→ Task to complete
Type out the records again, exactly as they are.

Data Start Marker

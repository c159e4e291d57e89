-- ===== src/Outside/Progress.antt =====
-- dope's plan of a send: the plaintext that is still to be sent, taken in parts that are committed
-- or given up, and the contract that the encryption loop relies on.
use tls.Base.{ℕ, ◌≤◌, ◌≡◌, ◌↔◌, Bool, true, List, [], length, take, drop}

pub record Progress : Type 1 where
  -- progress::Input over one buffer, and its Part. `rest` is the plaintext not yet consumed.
  pub Plain : Type 0
  pub Part : Type 0
  pub rest : Plain → List ℕ
  pub is_empty : Plain → Bool
  pub take_part : Plain → ℕ → Part
  pub part_slice : Part → List ℕ
  pub amount : Part → ℕ
  pub commit_part : Part → Plain
  pub give_up : Part → Plain
  -- transfer::Len::prefix.
  pub prefix : ℕ → ℕ → ℕ

module _ ⦃d : Progress⦄ where
  open d use {
    Plain, Part, rest, is_empty, take_part, part_slice, amount, commit_part, give_up, prefix,
  }

  pub record PlanLaws : Type 0 where
    pub is_empty_iff : (p : Plain) → (is_empty p ≡ true) ↔ (rest p ≡ [])
    pub part_slice-take : (p : Plain) (k : ℕ) → part_slice (take_part p k) ≡ take k (rest p)
    pub amount-take : (p : Plain) (k : ℕ) → amount (take_part p k) ≡ length (take k (rest p))
    pub rest-commit : (p : Plain) (k : ℕ) → rest (commit_part (take_part p k)) ≡ drop k (rest p)
    pub rest-give_up : (p : Plain) (k : ℕ) → rest (give_up (take_part p k)) ≡ rest p
    pub prefix-le : (n k : ℕ) → n ≤ k → prefix n k ≡ n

Data End Marker

→ Completed exercise
repository c159e4e291d57e89
-- ===== src/Outside/Progress.antt =====
-- dope's plan of a send: the plaintext that is still to be sent, taken in parts that are committed
-- or given up, and the contract that the encryption loop relies on.
use tls.Base.{ℕ, ◌≤◌, ◌≡◌, ◌↔◌, Bool, true, List, [], length, take, drop}

pub record Progress : Type 1 where
  -- progress::Input over one buffer, and its Part. `rest` is the plaintext not yet consumed.
  pub Plain : Type 0
  pub Part : Type 0
  pub rest : Plain → List ℕ
  pub is_empty : Plain → Bool
  pub take_part : Plain → ℕ → Part
  pub part_slice : Part → List ℕ
  pub amount : Part → ℕ
  pub commit_part : Part → Plain
  pub give_up : Part → Plain
  -- transfer::Len::prefix.
  pub prefix : ℕ → ℕ → ℕ

module _ ⦃d : Progress⦄ where
  open d use {
    Plain, Part, rest, is_empty, take_part, part_slice, amount, commit_part, give_up, prefix,
  }

  pub record PlanLaws : Type 0 where
    pub is_empty_iff : (p : Plain) → (is_empty p ≡ true) ↔ (rest p ≡ [])
    pub part_slice-take : (p : Plain) (k : ℕ) → part_slice (take_part p k) ≡ take k (rest p)
    pub amount-take : (p : Plain) (k : ℕ) → amount (take_part p k) ≡ length (take k (rest p))
    pub rest-commit : (p : Plain) (k : ℕ) → rest (commit_part (take_part p k)) ≡ drop k (rest p)
    pub rest-give_up : (p : Plain) (k : ℕ) → rest (give_up (take_part p k)) ≡ rest p
    pub prefix-le : (n k : ℕ) → n ≤ k → prefix n k ≡ n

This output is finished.